I write stuff – pretty much anything that’s up for being written, really. Fiction for children, and non-fiction for children and adults. I like writing for children best, but it’s hardest. I think on some level I must be deeply stupid in a commercial sense, as I most like writing for children who don’t want to read. Write books for people don’t want books. Yeah. Good plan. And then there’s the me that lives in the Far-from-United State of Domestic Chaos, fails to go to the opera/theatre/cinema often enough, struggles to spend enough time seeing friends, and spends far too many happy hours playing with the local baby and her plastic phoenix and peasant.

I think of you as the mistress of non-fiction writing. Am I right?

Pretty much, I guess. I do tell lies sometimes, though. But if I spend too long writing only fiction I feel ungrounded. There’s only so long you can spend with imaginary people before it gets to you. That’s why so many fiction-writers walk dogs, bake cakes and make changes to their houses – they need to engage with real stuff.

I don’t think you can write non-fiction unless you are genuinely excited by the world and still feel a sense of wonder at discovering new things. People sometimes ask me how they can get into writing non-fiction because they aren’t making enough money doing whatever they are currently doing (usually writing fiction). That’s not really going to work; you might get a couple of book contracts that way, but you won’t be successful (=happy). You might make a living but you won’t make a life.

You have written a very large number of non-fiction books, and I have read only one of them, The Story of Physics. It was very good. In what way is that typical, or not, of your writing?

It’s about half typical, I suppose. It’s atypical in that it’s for adults, whereas most of my books are for children. But it’s typical in that it’s fairly wide-ranging and it has a light, informal tone. What I aim to do in all my books is make interesting information accessible and to show that it’s interesting. That sounds very formal. All my books are, basically, variations on ‘Oooh, look at this!’

And how many books have you written?

Oh dear. I always say ‘about 150’, largely because I gave up keeping a database of them but Amazon was an unreliable guide. I’ve been saying that for a few years, though. My Amazon count has just dropped from about 400 to 198, so I’m going to assume that’s because they have stopped counting duplicates and so it’s accurate. That includes some that aren’t quite out yet, but let’s go with 198.
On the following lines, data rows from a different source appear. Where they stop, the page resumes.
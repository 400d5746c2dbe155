-- ===== src/Gateway/Helpers.antt =====
-- The helpers of server/src/Gateway/ParsePackets.cpp.
use r_type_server.Prelude.{
  ℕ, ◌-◌, ◌^◌, true, List, [], ◌∷◌, ◌++◌, Option, none, some, ltb, ◌==◌, if◌then◌else◌,
}
use r_type_server.Prelude.Dict.{Dict, nat_eq, endpoint_eq, insert, get}
use r_type_server.Wire.{Bytes}
use r_type_server.Gateway.State.{Gateway, PollFd, Address}
use r_type_server.Gateway.Packets.{build_simple_response}

-- The loop stops at the first descriptor with the handle.
unfoldable pub set_pollout : ℕ → List PollFd → List PollFd
set_pollout h [] = []
set_pollout h (fd ∷ fds) =
    if fd.handle == h then record fd { pollout = true } ∷ fds else fd ∷ set_pollout h fds

unfoldable pub set_pollout_for_handle : ℕ → Gateway → Gateway
unfolding set_pollout
set_pollout_for_handle h gw = record gw { fds = set_pollout h gw.fds }

-- `_send_spans[h].push_back(msg)`
unfoldable pub queue : ℕ → Bytes → Gateway → Gateway
unfolding get
queue h msg gw = record gw {
  send_spans = insert h (get h [] gw.send_spans ++ msg ∷ []) gw.send_spans;
}

-- The two calls with which the handlers send a message.
unfoldable pub send_to : ℕ → Bytes → Gateway → Gateway
unfolding queue set_pollout_for_handle
send_to h msg gw = set_pollout_for_handle h (queue h msg gw)

unfoldable pub send_error_response : ℕ → ℕ → Gateway → Gateway
unfolding send_to build_simple_response
send_error_response h error_cmd gw = send_to h (build_simple_response error_cmd) gw

-- The loop of `findLeastOccupiedGS`: the registry left, `min_occupancy` and `min_gs`.
unfoldable pub least_loop : Dict Address ℕ → Dict Address ℕ → ℕ → Option Address → Option Address
unfolding get
least_loop cache [] min_occupancy min_gs = min_gs
least_loop cache ((key, _) ∷ rest) min_occupancy min_gs =
    let occ = get key 0 cache in
    least_loop cache rest (if ltb occ min_occupancy then occ else min_occupancy)
      (if ltb occ min_occupancy then some key else min_gs)

-- From `SIZE_MAX`.
unfoldable pub find_least_occupied_gs : Gateway → Option Address
unfolding least_loop
find_least_occupied_gs gw = least_loop gw.occupancy_cache gw.gs_registry (2 ^ 64 - 1) none

unfoldable pub get_gs_handle : Address → Gateway → ℕ
unfolding get
get_gs_handle key gw = get key 0 gw.gs_addr_to_handle

unfoldable pub key_by_handle : ℕ → Dict Address ℕ → Option Address
key_by_handle h [] = none
key_by_handle h ((key, h') ∷ rest) = if h' == h then some key else key_by_handle h rest

unfoldable pub find_gs_key_by_handle : ℕ → Gateway → Option Address
unfolding key_by_handle
find_gs_key_by_handle h gw = key_by_handle h gw.gs_addr_to_handle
Should we read more non-fiction?

Yes, we should – but only if we want to. I suppose I mean we should want to read more non-fiction. Actually people spend a lot of time reading non-fiction – in newspapers, magazines, on the web, and so on. Unfortunately, rather too much of it is about which celebrities are sleeping with each other, which is of no importance unless one of them is you.

I despise the faux-pride some people take in not knowing things – being proud of their ignorance of science or supposed inability to do any maths. Being ignorant is not something to be proud of. But nor is it something to be ashamed of – it’s an opportunity to learn something.

What kind of books do you like best?

What kind of books do I like best? That’s a very difficult question as I like lots of kinds of books! I’m currently reading The Woman in White (Wilkie Collins), a 17th-century German picaresque ‘novel’ called Simplicius Simplicissimus, and a book about economics (that’s work, but it’s interesting). But I also love picture books, and books about science, and books about – well, anything interesting. I like books that are clever but not arrogant. There are whole swathes of books I don’t like at all but I won’t mention them because it’s a personal taste thing and some of my friends write those kinds of books, and I wouldn’t want to upset anyone.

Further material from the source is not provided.